袋小路でみかけたら
星のかけらはいつ輝きを失うのだろう。夕暮れ空をぼんやりと眺めているとふとそう思うことがある。月を横目に見つつ歌を歌っているうちに、道に躓き迷子になりかけるのはこれで何回目だろう。いや、なりかけではなかった。あの瞬間においては完璧なまでに迷子だった。軽々と道に伏すことができたならば、金輪際すれ違わなかったであろう類の迷子だった。私は途方に暮れた。
でも一つだけ良かったことがある。耳の尖ったハリネズミの巣穴から前脚が出る前から私はずっとそうだということだ。あの点滅している街灯の真下にミミズがいる間だけはそうではなかったかもしれないが。生まれてこの方そんな瞬間は3度ほどしかない。公園でソフトクリームを落とした時、薬が2回目に上手く飲み込めた時、あともう一つは忘れてしまった。たぶん、最近だったような気もする。まあいい、頻繁に呼び出しがかからない限りそんなのは些細なことだ。
遠くでカラスが鳴いている。あの鳴き声がオレンジ色の看板を旋回するまで私は迷子だ。カラスはビー玉によく似ていると思う。最近まで気づかなかったのが不思議なくらい似ている。余りにも似すぎてよく見間違える程だ。色も形もそっくりだし、真夏のひまわり畑にもぴったりだ。似ていないところと言えば真夜中に煌々としたクレープ屋に置いてあるか否かぐらいだ。そうはいっても悩ましいのはその品揃え。え、全然似てないって。そんなはずはない。よく見て。じーっと。袋小路に出会ったときに事象の裏側が透けて見えるぐらいに。ほら、ぼんやりと見えてきたでしょ。だって2つとも星のかけらそのものだもの。

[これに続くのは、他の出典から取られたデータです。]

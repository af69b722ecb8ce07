-- ===== src/Inspection/Tests.antt =====
-- Plans for concrete records.
use agentsmith_fs_control_pl.Fences.{Fence, lifecycle, Status, validate_fence, validate_times}
use agentsmith_fs_control_pl.Inspection.{
  RecoveryAction, RecoveryContext, claimable, classify_audit_outbox_recovery, classify_delivery,
  classify_fence_recovery, classify_operation_recovery, classify_state, deliver,
  validate_audit_outbox_payload, validate_audit_outbox_record, validate_operation_lease_pair,
}
use agentsmith_fs_control_pl.Inspection.LeasePlan.{
  IsMatching, classify_operation_recovery-acquire_lease, planned_action,
}
use agentsmith_fs_control_pl.Operations.Lease.{LeaseRequest, acquire_lease, finalize_policy}
use agentsmith_fs_control_pl.Operations.Lease.Grant.{RequestIsValid}
use agentsmith_fs_control_pl.Operations.Samples.{ask, fresh}
use agentsmith_fs_control_pl.Outbox.{
  OutboxEvent, OutboxRecord, an_object, Decoded, new_outbox_record, pending_record,
  validate_outbox_payload_json, validate_outbox_record,
}
use agentsmith_fs_control_pl.Outbox.History.{Reached, created}
use agentsmith_fs_control_pl.PathResolver.Id.{
  validate_characters, validate_id, validate_prefixed, validate_suffix, validate_with,
}
use agentsmith_fs_control_pl.Prelude.{[], arith, false, none, pos, refl, some, ◌≡◌}
use agentsmith_fs_control_pl.Text.{Text, bytes, cut_prefix, every, text_eq, trim_space}

-- All that the planner computes with.
rules : Unit {0}
unfolding new_outbox_record validate_outbox_record validate_outbox_payload_json
    classify_audit_outbox_recovery classify_delivery validate_audit_outbox_record
    validate_audit_outbox_payload validate_fence validate_times validate_id validate_with
    validate_prefixed validate_suffix validate_characters cut_prefix every text_eq trim_space
    classify_operation_recovery classify_state classify_fence_recovery validate_operation_lease_pair
rules = tt

abbrev context : RecoveryContext
context = record { now = 100; explicit_recovery = false; stale_delivering_threshold = pos 9 }

abbrev request : LeaseRequest
request = record (ask "w1" 30 100) { cancel_policy = finalize_policy }

request_is_valid : RequestIsValid request
unfolding rules
request_is_valid = record {
  owner_set = refl;
  duration_positive = refl;
  now_set = refl;
  recovery_known = refl;
  policy_known = refl;
}

request_matches : IsMatching request context
request_matches = record {
  now = refl;
  explicit = (λ h. ground arith, λ h. ground arith);
  policy = refl;
}

fresh_claimable : (classify_operation_recovery fresh context).action ≡ claimable
unfolding rules
fresh_claimable = refl

classify_operation_recovery-acquire_lease_example :
    (acquire_lease fresh request).action
    ≡ planned_action (classify_operation_recovery fresh context).action
classify_operation_recovery-acquire_lease_example =
    classify_operation_recovery-acquire_lease fresh request context request_is_valid request_matches

abbrev fence : Fence
fence = record {
  id = bytes "f1";
  repo_id = bytes "repo_b2";
  kind = lifecycle;
  holder_operation_id = bytes "op_01";
  status = Status.active;
  expires_at = 90;
  released_at = none;
  recovery_operation_id = [];
  recovery_reason = [];
  recovery_started_at = none;
  recovered_at = none;
  created_at = 10;
  updated_at = 10;
}

fence_waits : (classify_fence_recovery fence).action ≡ RecoveryAction.wait
unfolding rules
fence_waits = refl

abbrev every_object : Text → Decoded
every_object p = an_object

abbrev unchanged : Text → Text
unchanged m = m

abbrev event : OutboxEvent
event = record { id = bytes "e1"; type = bytes "restore"; time = 5; encoded = some (bytes "{}") }

abbrev stored : OutboxRecord
stored = pending_record event (bytes "{}") 6

stored-Reached : Reached every_object unchanged 3 0 stored
unfolding rules
stored-Reached = created event 6 refl

stored_is_valid : validate_outbox_record every_object stored ≡ none
unfolding rules
stored_is_valid = refl

stored_delivers : (classify_audit_outbox_recovery every_object stored context).action ≡ deliver
unfolding rules
stored_delivers = refl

さあ先を急ごう。橙色の糸に引きずられながら。止まっていることは進むことに比べて難しいものだ。そして戻ることはさらに難しい。でも戻っていると進みたくなる。そう上手くはいかないものだ。その点引きずられるのは悪くない。引きずられることは引きずることだ。シーソーはギッタンバッコンするものだ。そうでなくちゃならない。凹んだフライパンには南京錠を、歪んだ眼鏡には段ボールを。そんなことは100年前の百貨店のうたい文句から決まっていることだ。何せ引きずられることは気分がいい。初めはそんな風には思えないかもしれないが、地面に顔を擦り付けてみるといい。抉られた頬の肉に哀愁の念を送りつつパンを拾うんだ。どんなパンかって。それは象を容易く覆い隠してしまうぐらい大きくて、球よりまん丸で、風に流されていく雲ぐらいふわふわで、そして何より大事なのがとびっきり軽いってことだ。ただし決して食べてはいけない。一口ぐらいかじるのは構わないけどね。それ食べているって。いやいや、かじるのは食べるのと全然違う。全く違う。ある磁石のN極と別の磁石のN極ぐらい違う。そう。分かってくれなくともいい。分からないことは分かることのきっかし37倍貴重なのだから。そしたら、パンを捨てなさい。なぜかって。持っていると呪われるからだよ。食べれなかった人の怨念がひっきりなしに襲ってくるんだ。利き手から10度時計回りに外れた方向から。うっとおしいったりゃありゃしない。名残惜しいだろうけど、諦めて捨てたまえ。所有することは、所有しないのとほぼ同義だから気にすることはない。するとどうやら驚くべきことに世界がすっかり変わってしまいました。この世界の要素は実はすべてお菓子でできていました。という風な劇的な変化が訪れることはもちろんない。全く変わっていないように見えるでしょう。ように見えるというのが肝である。実際に変わっているとか変わっていないとかそんなことは本当に本当に些末なことだ。パンと肉を思え。それを思い返す間ぐらいは輝きを失わないだろう。